If G Data finds a problematic app on a smartphone, it is not deleted immediately. Stefan Mutterlose, team leader in app development, says: "Normal malware you want to remove from the device as quickly as possible. Stalkerware is a different story. The perpetrator would most likely notice if the software suddenly stopped working and could feel cornered. Then the situation can escalate to domestic violence."

Victims should therefore remain calm and consider what secure channels they could use to seek help and what other devices or accounts may still be compromised because someone else knows the password or has set up access.

That’s why G Data initially only displays a notice to its users explaining that there is an app on the phone that (depending on its capabilities) is capable of monitoring location and communications, followed by a link to more information. The link leads to a website that is not immediately recognizable as a stalkerware information site, in case the perpetrator is currently in the area.

"Read this article only if you are in a safe and trusted environment! If necessary, delete this page from the history of your Internet browser after reading", but it also says as a warning.

Action against stalkerware is therefore not just a problem that can be solved technically. Those affected must act prudently, even if they are under great pressure. (We have collected more tips about this here.)
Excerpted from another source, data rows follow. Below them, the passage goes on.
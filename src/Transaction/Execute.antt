-- ===== src/Transaction/Execute.antt =====
-- execute(), abort() and get() of DpaTransaction2.
use clibdpa.Base.{ℕ, zero, suc, Bool, true, false, not, if◌then◌else◌, Option, none, some, ltb}
use clibdpa.Base.Int.{ℤ, eqb_ℤ}
use clibdpa.Message.{DpaMessage}
use clibdpa.ErrorCode.{
  value, trn_ok, trn_error_timeout, trn_error_aborted, trn_error_iface, trn_error_iface_busy,
}
use clibdpa.TransactionResult.{DpaTransactionResult, set_error_code}
use clibdpa.Transaction.Types.{
  TransferState, created, sent, sent_coordinator, confirmation, confirmation_broadcast,
  received_response, processed, timeout, aborted, interface_error, default_error, Transaction,
  request_of, to_coordinator,
}

-- abort()
unfoldable pub abort : Transaction → Transaction
abort t = record t { m_state = aborted }

-- The start of execute(defaultError), up to the first notification of get(). The functor m_sender
-- runs under the lock, on some state `W` of the world, and answers whether it threw.
module _ {W : Type 0} (m_sender : DpaMessage → W → W × Bool) where
  unfoldable pub start : Transaction → ℤ → W → Transaction × W
  start t error w =
      let chosen = record t { m_default_error = error } in
      if eqb_ℤ error (value trn_ok)
      then (let on_way = record chosen {
        m_state = if to_coordinator (request_of t) then sent_coordinator else sent;
      } in
          let (w', threw) = m_sender (request_of t) w in
          if threw
          then (record on_way { m_expected_duration_ms = 0; m_state = interface_error }, w')
          else (on_way, w'))
      else (record chosen { m_state = default_error; m_expected_duration_ms = 0 }, w)

-- One evaluation of the state: the state that it becomes, and the error code if the loop finishes.
unfoldable pub evaluate : TransferState → Bool → Bool → ℤ → TransferState × Option ℤ
evaluate sent expired infinite error =
    if expired
    then (if not infinite then (timeout, some (value trn_error_timeout)) else (sent, none))
    else (sent, none)
evaluate sent_coordinator expired infinite error =
    if expired
    then (if not infinite
        then (timeout, some (value trn_error_timeout))
        else (sent_coordinator, none))
    else (sent_coordinator, none)
evaluate confirmation expired infinite error =
    if expired
    then (if not infinite then (timeout, some (value trn_error_timeout)) else (confirmation, none))
    else (confirmation, none)
evaluate confirmation_broadcast expired infinite error =
    if expired then (processed, some (value trn_ok)) else (confirmation_broadcast, none)
evaluate received_response expired infinite error =
    if expired then (processed, some (value trn_ok)) else (received_response, none)
evaluate processed expired infinite error = (processed, some (value trn_ok))
evaluate timeout expired infinite error = (timeout, some (value trn_error_timeout))
evaluate aborted expired infinite error = (aborted, some (value trn_error_aborted))
evaluate interface_error expired infinite error = (interface_error, some (value trn_error_iface))
evaluate default_error expired infinite error = (default_error, some error)
evaluate created expired infinite error = (created, some (value trn_error_iface))

-- What follows the loop: the error code is set and the final state is signalled.
abbrev pub conclude : Transaction → TransferState × Option ℤ → Transaction
conclude t (state, none) = record t { m_state = state }
conclude t (state, some code) = record t {
  m_state = state;
  m_dpa_transaction_result = set_error_code t.m_dpa_transaction_result code;
  m_finish = true;
}

-- One cycle of the loop of execute(), behind its wait.
unfoldable pub cycle : Transaction → Bool → Transaction
unfolding evaluate
cycle t expired = conclude t (evaluate t.m_state expired t.m_infinit_timeout t.m_default_error)

-- The cycles that run until execute() waits again or is finished. With no expected duration there is
-- no wait, and the next cycle runs at once, not expired, with the lock held: `none` is a loop that
-- outruns the fuel.
unfoldable pub cycles : ℕ → Transaction → Bool → Option Transaction
unfolding cycle
cycles zero t expired = none
cycles (suc fuel) t expired =
    let t' = cycle t expired in
    let rest = cycles fuel t' false in
    if t'.m_finish then some t' else if ltb 0 t'.m_expected_duration_ms then some t' else rest

-- execute(defaultError) up to its first wait, or its end.
module _ {W : Type 0} (m_sender : DpaMessage → W → W × Bool) where
  unfoldable pub begin : ℕ → Transaction → ℤ → W → Option (Transaction × W)
  unfolding start cycles
  begin fuel t error w =
      let (t', w') = start m_sender t error w in
      if ltb 0 t'.m_expected_duration_ms
      then some (t', w')
      else elim (cycles fuel t' false) [ none ↦ none | some t'' ↦ some (t'', w') ]

-- The first loop of get(), entered with an infinite timeout only: it waits once for the start and
-- breaks out. `started` tells that the wait was ended by the start, and not by its time.
unfoldable pub get_start : Transaction → Bool → Option DpaTransactionResult
get_start t started =
    if t.m_infinit_timeout
    then (if not started
        then (if not t.m_infinit_timeout
            then some (set_error_code t.m_dpa_transaction_result (value trn_error_iface_busy))
            else none)
        else none)
    else none

-- The first call of get(): the result that it returns, or none while it waits for the finish. The result
-- is moved out, and a call behind it returns a null pointer.
unfoldable pub get : Transaction → Bool → Option DpaTransactionResult
unfolding get_start
get t started = elim (get_start t started) [
  | some r ↦ some r
  | none ↦ if t.m_finish then some t.m_dpa_transaction_result else none
]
Stalking with apps is to be explicitly prohibited by law

At least there were some positive developments in 2020. In the fall, for example, Google finally banned stalkerware explicitly from the Play Store, which has at least made it more difficult to distribute the programs. Perpetrators must use their victim’s device to visit a website offering a monitoring program and install it, bypassing Google’s default security settings. In the best case, a screen lock with pin, password or fingerprint already protects against this.

Antivirus apps are also no longer the only way to track down stalkers. Kaspersky has developed an alternative approach with TinyCheck. It is an open-source software that is installed on a mini-computer such as the Rasperry Pi and scans the network traffic between a smartphone and a WLAN router for suspicious data. The technology is intended for use in women’s shelters, for example, to help victims who do not want to or cannot install an antivirus app on their smartphone.

Something is also moving politically: A week ago, Federal Minister of Justice Christine Lambrecht (SPD) presented a draft to tighten up Section 238 of the Criminal Code, which deals with stalking. Here, monitoring with the help of stalking apps should be explicitly included in the list of bans. In addition, the minister wants to change the definition of reenactment.

According to the draft, it is no longer only those who "persistently" stalk their victims and "seriously" impair their way of life who are liable to prosecution, but "repeated" attempts with "not insignificant" impairments for the victims are sufficient. The goal is "better and easier law enforcement," so ultimately there should be more convictions.